__Exercise directions__. Answer with a number only, giving how many lines in the data below include "snoc".

——————

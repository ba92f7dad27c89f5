-- ===== src/ExplainFiles/Lines.antt =====
-- A property of the reader through the lines of a listing, by what starts and ends a resolution,
-- what a candidate and a trace add to it, and what a line says outside of one.
use rules_typescript.Base.{
  Option, none, some, List, [], ◌∷◌, ◌++◌, ◌==◌, if-elim, In, here, there, In-append, inl, inr, ◌≡◌,
  refl, sym, subst,
}
use rules_typescript.Base.Text.{Text, codes, has_prefix, split, trim_right}
use rules_typescript.ExplainFiles.{Listing, Attempt}
use rules_typescript.ExplainFiles.Reasons.{Parsed, ok, malformed, panics}
use rules_typescript.ExplainFiles.Parse.{
  on_line, in_resolution, and_in_resolution, on_body, line_step, lines_loop, empty_reader,
  completed, finish, parse,
}
use rules_typescript.ExplainFiles.Traces.{
  Frame, Grammar, Reader, parse_resolution_frame, on_start, on_end, on_frame, forget_previous,
  on_candidate, on_trace,
}

-- What is accepted has a property.
pub data Holds {ℓ κ} {A : Type ℓ} (P : A → Type κ) : Parsed A → Type (ℓ ⊔ κ) where
  held : {a : A} → P a → Holds P (ok a)
  errs : Holds P malformed
  breaks : Holds P panics

pub snoc {ℓ} :
    {A : Type ℓ} (P : A → Type 0) (xs : List A) (y : A)
    → ((x : A) → In x xs → P x)
    → P y
    → (x : A) → In x (xs ++ y ∷ [])
    → P x
snoc P xs y h p x i = elim (In-append xs i) [
  | inl old ↦ h x old
  | inr (here e) ↦ subst P (sym e) p
  | inr (there m) ↦ elim m [ ]
]

module _ (g : Grammar) (P : Reader → Type 0)
    (previous_keeps : (line : Text) (s : Reader) → P s → P (record s { previous = line }))
    (start_keeps : (frame : Frame) (s : Reader) → P s → Holds P (on_start g frame s.resolution s))
    (end_keeps : (frame : Frame) (s : Reader) → P s → Holds P (on_end g frame s.resolution s))
    (candidate_keeps : (found : Option Text) (s : Reader)
      → P s
      → Holds P (on_candidate g s.resolution found s))
    (trace_keeps : (line : Text) (a : Attempt) (s : Reader)
      → s.resolution ≡ some a
      → P s
      → P (record s { resolution = some (on_trace g line a) }))
    (line_keeps : (line : Text) (s : Reader) → P s → Holds P (on_line g line s)) where
  on_frame-Holds : (o : Option Frame) (s : Reader) → P s → Holds P (on_frame g o s)
  unfolding on_frame
  on_frame-Holds none s w = errs
  on_frame-Holds (some frame) s w =
      if-elim (Holds P) frame.start _ _ (λ _. start_keeps frame s w) (λ _. end_keeps frame s w)

  forget_previous-Holds : (r : Parsed Reader) → Holds P r → Holds P (forget_previous g r)
  forget_previous-Holds (ok s) (held w) = held (previous_keeps [] s w)
  forget_previous-Holds malformed h = errs
  forget_previous-Holds panics h = breaks

  in_resolution-Holds :
      (o : Option Attempt) (line : Text) (s : Reader)
      → s.resolution ≡ o
      → P s
      → Holds P (in_resolution g o line s)
  unfolding in_resolution
  in_resolution-Holds (some a) line s e w = held (trace_keeps line a s e w)
  in_resolution-Holds none line s e w = line_keeps line s w

  and_in_resolution-Holds :
      (line : Text) (r : Parsed Reader) → Holds P r → Holds P (and_in_resolution g line r)
  and_in_resolution-Holds line (ok s) (held w) = in_resolution-Holds s.resolution line s refl w
  and_in_resolution-Holds line malformed h = errs
  and_in_resolution-Holds line panics h = breaks

  on_body-Holds : (line : Text) (s : Reader) → P s → Holds P (on_body g line s)
  unfolding on_body
  on_body-Holds line s w =
      let v = previous_keeps line s w in
      and_in_resolution-Holds line _ (
        if-elim (Holds P) (has_prefix line (codes "Loading module as file / folder")) _ _
          (λ _. candidate_keeps (g.candidate_location line) (record s { previous = line }) v)
          (λ _. held v))

  line_step-Holds : (line : Text) (s : Reader) → P s → Holds P (line_step g line s)
  unfolding line_step
  line_step-Holds line s w =
      if-elim (Holds P) (has_prefix line (codes "========")) _ _
        (λ _. forget_previous-Holds _ (on_frame-Holds (parse_resolution_frame g line) s w))
        (λ _. on_body-Holds line s w)

  lines_loop-Holds :
      (lines : List Text) (r : Parsed Reader) → Holds P r → Holds P (lines_loop g lines r)
  unfolding lines_loop
  lines_loop-Holds [] r h = h
  lines_loop-Holds (line ∷ lines) malformed h = errs
  lines_loop-Holds (line ∷ lines) panics h = breaks
  lines_loop-Holds (line ∷ lines) (ok s) (held w) =
      lines_loop-Holds lines _ (line_step-Holds (trim_right (λ c. c == b'\r') line) s w)

  module _ (Q : Listing → Type 0) (listing_has : (s : Reader) → P s → Q s.listing) where
    completed-Holds : (o : Option Attempt) (l : Listing) → Q l → Holds Q (completed g o l)
    completed-Holds none l w = held w
    completed-Holds (some a) l w = errs

    finish-Holds : (r : Parsed Reader) → Holds P r → Holds Q (finish g r)
    finish-Holds (ok s) (held w) = completed-Holds s.resolution s.listing (listing_has s w)
    finish-Holds malformed h = errs
    finish-Holds panics h = breaks

    -- What each line keeps, and the first reader has, an accepted listing has.
    pub parse-Holds_of : P (empty_reader g) → (text : Text) → Holds Q (parse g text)
    unfolding parse
    parse-Holds_of w text = finish-Holds _ (lines_loop-Holds (split text b'\n') _ (held w))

——————

__Result of this task__. 2